Data records:
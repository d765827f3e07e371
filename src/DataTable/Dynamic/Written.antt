-- ===== src/DataTable/Dynamic/Written.antt =====
-- What `UpdateObjectByType` of lmd/peer.go writes into the rows of a table.
use mathlib.Core.Path.{subst}
use lmd.Prelude.{
  is_nil, ℕ, ◌≤◌, ◌<◌, Bool, true, false, List, [], ◌∷◌, Bytes, codes, equal, length, length-set,
  get_elem?-set_self, get_elem?-set_ne, set, Result, ok, err, ◌>>=◌, not, bind-ok, ltb, ◌==◌,
  if◌then◌else◌, ◌≡◌, refl, arith, sym, ap, ◌∙◌, Bool-cases, Result-cases, ◌⊎◌, inl, inr,
}
use lmd.Runtime.{Go, Panic, index_out_of_range}
use lmd.Objects.{PeerFlags, get_dynamic_columns, index_of}
use lmd.Request.{Request}
use lmd.DataTable.{or_fault, at, DataTable, Row, Memory, has_row}
use lmd.DataTable.Entries.Indexed.{RowsDistinct, at-within}
use lmd.DataTable.Dynamic.{
  put, overwrite, overwrite_at, done, restart_required, write_rows, names_of, indexes_of, query_of,
  Update, update_object_by_type, is_restarted, interface_equals, note_restart,
}
use lmd.Runtime.Dynamic.{Value}

abbrev pub AllBelow : ℕ → List ℕ → Type 0
AllBelow n [] = Unit
AllBelow n (k ∷ ks) = (k < n) × AllBelow n ks

eqb_self : (n : ℕ) → (n == n) ≡ true
eqb_self n = ground arith

module _ {ℓ} {A : Type ℓ} where
  put-ok : (xs : List A) (i : ℕ) (x : A) → i < length xs → put xs i x ≡ ok (set xs i x)
  put-ok xs i x h = ground arith

  at-set_self : (xs : List A) (i : ℕ) (x : A) → i < length xs → at (set xs i x) i ≡ ok x
  at-set_self xs i x h = ap or_fault (get_elem?-set_self xs i x h)

  at-set_other : (xs : List A) (i m : ℕ) (x : A) → (i == m) ≡ false → at (set xs i x) m ≡ at xs m
  at-set_other xs i m x h =
      ap or_fault (get_elem?-set_ne xs x (λ (e : i ≡ m). cc (ap (λ j. j == m) e, h, eqb_self m)))

  -- the values stand in the row at the indexes
  abbrev pub Holds : List ℕ → List A → List A → Type ℓ
  Holds [] values row = Unit
  Holds (k ∷ indexes) [] row = Unit
  Holds (k ∷ indexes) (v ∷ values) row = (at row k ≡ ok v) × Holds indexes values row

  -- two rows are the same but at the indexes
  abbrev pub SameBut : List ℕ → List A → List A → Type ℓ
  SameBut indexes old row = (m : ℕ) → at row m ≡ (if has_row indexes m then at row m else at old m)

  SameBut-cons :
      (indexes : List ℕ) (k m : ℕ) (v : A) (row row' : List A)
      → SameBut indexes (set row k v) row'
      → at row' m ≡ (if has_row (k ∷ indexes) m then at row' m else at row m)
  unfolding has_row
  SameBut-cons indexes k m v row row' others = elim (Bool-cases (k == m)) [
    | inl same ↦ rw same refl
    | inr differ ↦ rw differ (
        others m
        ∙ ap (λ r. if has_row indexes m then at row' m else r) (at-set_other row k m v differ))
  ]

  pub overwrite-ok :
      (indexes : List ℕ) (values row : List A)
      → RowsDistinct indexes
      → AllBelow (length row) indexes
      → length indexes ≤ length values
      → (row' : List A) × (overwrite indexes values row ≡ ok row')
        × (length row' ≡ length row)
        × Holds indexes values row'
        × SameBut indexes row row'
  unfolding overwrite has_row
  overwrite-ok [] values row d b h = (row, refl, refl, tt, λ m. refl)
  overwrite-ok (k ∷ indexes) [] row d b h = absurd (omega arith)
  overwrite-ok (k ∷ indexes) (v ∷ values) row d b h =
      let kept = length-set row k v in
      let (row', run, len, holds, others) =
        overwrite-ok indexes values (set row k v) d.1
          (subst (λ n. AllBelow n indexes) (sym kept) b.1) (omega arith) in
      (
        row',
        bind-ok _ (put-ok row k v b.0) ∙ run,
        len ∙ kept,
        (others k ∙ (rw d.0 (at-set_self row k v b.0)), holds),
        λ m. SameBut-cons indexes k m v row row' others,
      )

-- the table has dynamic columns, and its rows come from the remote site
abbrev pub IsUpdated : DataTable → Type 0
IsUpdated d =
    (is_nil d.table.dynamic_col_cache_names ≡ false)
    × (d.table.is_virtual ≡ false)
    × (d.table.passthrough_only ≡ false)

head_apart :
    (s : ℕ) (rows : List ℕ) (r : ℕ)
    → has_row (s ∷ rows) r ≡ false
    → ((r == s) ≡ false) × (has_row rows r ≡ false)
unfolding has_row
head_apart s rows r h = ground arith

same_if {ℓ} : {A : Type ℓ} (b : Bool) (x : A) → x ≡ (if b then x else x)
same_if true x = refl
same_if false x = refl

long_enough {ℓ} : {A : Type ℓ} (m n : ℕ) (x y : A) → n ≤ m → (if ltb m n then x else y) ≡ y
long_enough m n x y h = let no : ltb m n ≡ false = ground arith in rw no refl

nil_or_cons {ℓ} : {A : Type ℓ} (xs : List A) → (xs ≡ []) ⊎ ((x : A) × (ys : List A) × (xs ≡ x ∷ ys))
nil_or_cons [] = inl refl
nil_or_cons (x ∷ xs) = inr (x, xs, refl)

module _ (go : Go) where
  -- the rows can take values at the indexes
  abbrev pub Fit : List ℕ → Memory go → List ℕ → Type 0
  Fit indexes mem [] = Unit
  Fit indexes mem (r ∷ rows) =
      ((row : Row go) × (at mem r ≡ ok row) × AllBelow (length row) indexes) × Fit indexes mem rows

  -- the rows of the answer are long enough, and not more than those of the table
  abbrev pub Fill : List ℕ → List (Row go) → List ℕ → Type 0
  Fill indexes [] rows = Unit
  Fill indexes (values ∷ answer) [] = ⊥
  Fill indexes (values ∷ answer) (r ∷ rows) =
      (length indexes ≤ length values) × Fill indexes answer rows

  -- Each row of the answer stands in the row of the table at its place, whose other columns are those
  -- from before.
  abbrev pub Synchronised : List ℕ → List (Row go) → List ℕ → Memory go → Memory go → Type 0
  Synchronised indexes [] rows mem mem' = Unit
  Synchronised indexes (values ∷ answer) [] mem mem' = Unit
  Synchronised indexes (values ∷ answer) (r ∷ rows) mem mem' =
      ((old : Row go) × (row : Row go) × (at mem r ≡ ok old)
        × (at mem' r ≡ ok row)
        × Holds indexes values row
        × SameBut indexes old row)
      × Synchronised indexes answer rows mem mem'

  module _ (indexes : List ℕ) where
    set-Fit :
        (mem : Memory go) (r : ℕ) (row : Row go) (rows : List ℕ)
        → has_row rows r ≡ false
        → Fit indexes mem rows
        → Fit indexes (set mem r row) rows
    unfolding has_row
    set-Fit mem r row [] apart fit = tt
    set-Fit mem r row (s ∷ rows) apart ((old, there, below), fit) =
        let (differ, rest) = head_apart s rows r apart in
        ((old, at-set_other mem r s row differ ∙ there, below), set-Fit mem r row rows rest fit)

    set-Synchronised :
        (mem mem' : Memory go) (r : ℕ) (row : Row go) (answer : List (Row go)) (rows : List ℕ)
        → has_row rows r ≡ false
        → Synchronised indexes answer rows (set mem r row) mem'
        → Synchronised indexes answer rows mem mem'
    unfolding has_row
    set-Synchronised mem mem' r row [] rows apart s = tt
    set-Synchronised mem mem' r row (values ∷ answer) [] apart s = tt
    set-Synchronised mem mem' r row (values ∷ answer) (t ∷ rows) apart
          ((old, new, at_old, at_new, holds, same), s) =
        let (differ, rest) = head_apart t rows r apart in
        (
          (old, new, sym (at-set_other mem r t row differ) ∙ at_old, at_new, holds, same),
          set-Synchronised mem mem' r row answer rows rest s,
        )

    write_rows-ok :
        (answer : List (Row go)) (rows : List ℕ) (mem : Memory go)
        → RowsDistinct indexes
        → RowsDistinct rows
        → Fit indexes mem rows
        → Fill indexes answer rows
        → (mem' : Memory go) × (write_rows go indexes answer rows mem ≡ ok (mem', done))
          × Synchronised indexes answer rows mem mem'
          × SameBut rows mem mem'
    unfolding write_rows has_row overwrite_at
    write_rows-ok [] rows mem d d' fit fill =
        (mem, refl, tt, λ x. same_if (has_row rows x) (at mem x))
    write_rows-ok (values ∷ answer) [] mem d d' fit fill = absurd fill
    write_rows-ok (values ∷ answer) (r ∷ rows) mem d d' ((old, there, below), fit) (long, fill) =
        let (row, written, len, holds, others) = overwrite-ok indexes values old d below long in
        let within = at-within mem r there in
        let (mem', run, synced, same) =
          write_rows-ok answer rows (set mem r row) d d'.1 (set-Fit mem r row rows d'.0 fit) fill in
        (
          mem',
          long_enough (length values) (length indexes) _ _ long
              ∙ bind-ok _ (bind-ok _ there ∙ (bind-ok _ written ∙ put-ok mem r row within))
              ∙ run,
          (
            (old, row, there, same r ∙ (rw d'.0 (at-set_self mem r row within)), holds, others),
            set-Synchronised mem mem' r row answer rows d'.0 synced,
          ),
          λ x. SameBut-cons rows r x row mem mem' same,
        )

  not_more :
      (indexes : List ℕ) (answer : List (Row go)) (rows : List ℕ)
      → Fill indexes answer rows
      → ltb (length rows) (length answer) ≡ false
  not_more indexes [] rows h = ground arith
  not_more indexes (values ∷ answer) [] h = absurd h
  not_more indexes (values ∷ answer) (r ∷ rows) h = ground (arith, not_more indexes answer rows)

  -- How the update ends, by the table and its rows: where the rows are written, it succeeds, but for the
  -- table `status`, whose first row is asked for the program start.
  abbrev pub Ended :
      Value go.Float → DataTable → Memory go → Result Panic (Memory go × Update go) → Type 0
  Ended start d mem' result =
      ((equal d.table.name (codes "status") ≡ false) × (result ≡ ok (mem', done)))
      ⊎ ((equal d.table.name (codes "status") ≡ true)
          × (((d.rows ≡ []) × (result ≡ err index_out_of_range))
              ⊎ ((r : ℕ) × (rows : List ℕ) × (d.rows ≡ r ∷ rows)
                  × (result ≡ (do
                    held ← (do
                      row ← at mem' r
                      at row (index_of (codes "program_start") d.table.columns_index))
                    same ← interface_equals go start held
                    ok (mem', (if same then done else restart_required)))))))

  abbrev reported : Memory go → Bool → Memory go × Update go
  reported mem' restarted = (mem', if restarted then restart_required else done)

  swapped :
      (mem' : Memory go) (same : Bool)
      → reported mem' (not same) ≡ (mem', if same then done else restart_required)
  swapped mem' true = refl
  swapped mem' false = refl

  -- the test and its result, which are two steps of the code
  tested-once :
      (mem' : Memory go) (held : Result Panic (Value go.Float)) (start : Value go.Float)
      → (do
        restarted ← (do h ← held; same ← interface_equals go start h; ok (not same))
        ok (reported mem' restarted))
        ≡ (do
          h ← held
          same ← interface_equals go start h
          ok (mem', (if same then done else restart_required)))
  tested-once mem' (err p) start = refl
  tested-once mem' (ok h) start = elim (Result-cases (interface_equals go start h)) [
    | inl (p, is) ↦ rw is refl
    | inr (same, is) ↦ rw is (ap ok (swapped mem' same))
  ]

  note_restart-Ended :
      (start : Value go.Float) (d : DataTable) (mem' : Memory go)
      → Ended start d mem' (note_restart go start d (mem', done))
  unfolding is_restarted
  note_restart-Ended start d mem' = elim (Bool-cases (equal d.table.name (codes "status"))) [
    | inr other ↦ inl (other, rw other refl)
    | inl status ↦ inr (
      status,
      elim (nil_or_cons d.rows) [
        | inl none ↦ inl (none, rw (status, none) refl)
        | inr (r, rows, is) ↦ inr (
          r,
          rows,
          is,
          rw (status, is)
              (tested-once mem'
                (do
                  row ← at mem' r
                  at row (index_of (codes "program_start") d.table.columns_index))
                start),
        )
      ],
    )
  ]

  -- For a table other than `timeperiods`, let the answer have at most as many rows as the table, each
  -- long enough, and let the rows of the table be different ones that have the dynamic columns. Then
  -- each row of the answer is written into the row of the table at its place, and the other columns
  -- and the other rows of the memory are as before. The update of a table other than `status` then
  -- succeeds; that of `status` panics if the table has no row, and otherwise compares the program
  -- start of the first row with that of the peer's status, and where that succeeds, reports a restart
  -- exactly if they are not equal.
  pub update_object_by_type-synchronises :
      (ask : Request go → Result Bytes (List (Row go))) (flags : PeerFlags) (start : Value go.Float)
      (d : DataTable) (mem : Memory go) (answer : List (Row go))
      → equal d.table.name (codes "timeperiods") ≡ false
      → IsUpdated d
      → ask (query_of go d.table.name (names_of (get_dynamic_columns flags d.table)) []) ≡ ok answer
      → RowsDistinct (indexes_of (get_dynamic_columns flags d.table))
      → RowsDistinct d.rows
      → Fit (indexes_of (get_dynamic_columns flags d.table)) mem d.rows
      → Fill (indexes_of (get_dynamic_columns flags d.table)) answer d.rows
      → (mem' : Memory go) × Synchronised
          (indexes_of (get_dynamic_columns flags d.table))
          answer
          d.rows
          mem
          mem'
        × SameBut d.rows mem mem'
        × Ended start d mem' (update_object_by_type go ask flags start d mem)
  unfolding update_object_by_type
  update_object_by_type-synchronises ask flags start d mem answer periods (dynamic, real, stored)
        asked distinct rows_distinct fit fill =
      let indexes = indexes_of (get_dynamic_columns flags d.table) in
      let (mem', run, synced, same) =
        write_rows-ok indexes answer d.rows mem distinct rows_distinct fit fill in
      let updated : update_object_by_type go ask flags start d mem
          ≡ note_restart go start d (mem', done) =
        rw (dynamic, real, stored, asked, not_more indexes answer d.rows fill) (bind-ok _ run) in
      (
        mem',
        synced,
        same,
        subst (Ended start d mem') (sym updated) (note_restart-Ended start d mem'),
      )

Exercise requirements: Copy each line of the data that includes the word "where".

Reply:
module _ {ℓ} {A : Type ℓ} where
module _ (go : Go) where
  module _ (indexes : List ℕ) where
  -- How the update ends, by the table and its rows: where the rows are written, it succeeds, but for the
  -- start of the first row with that of the peer's status, and where that succeeds, reports a restart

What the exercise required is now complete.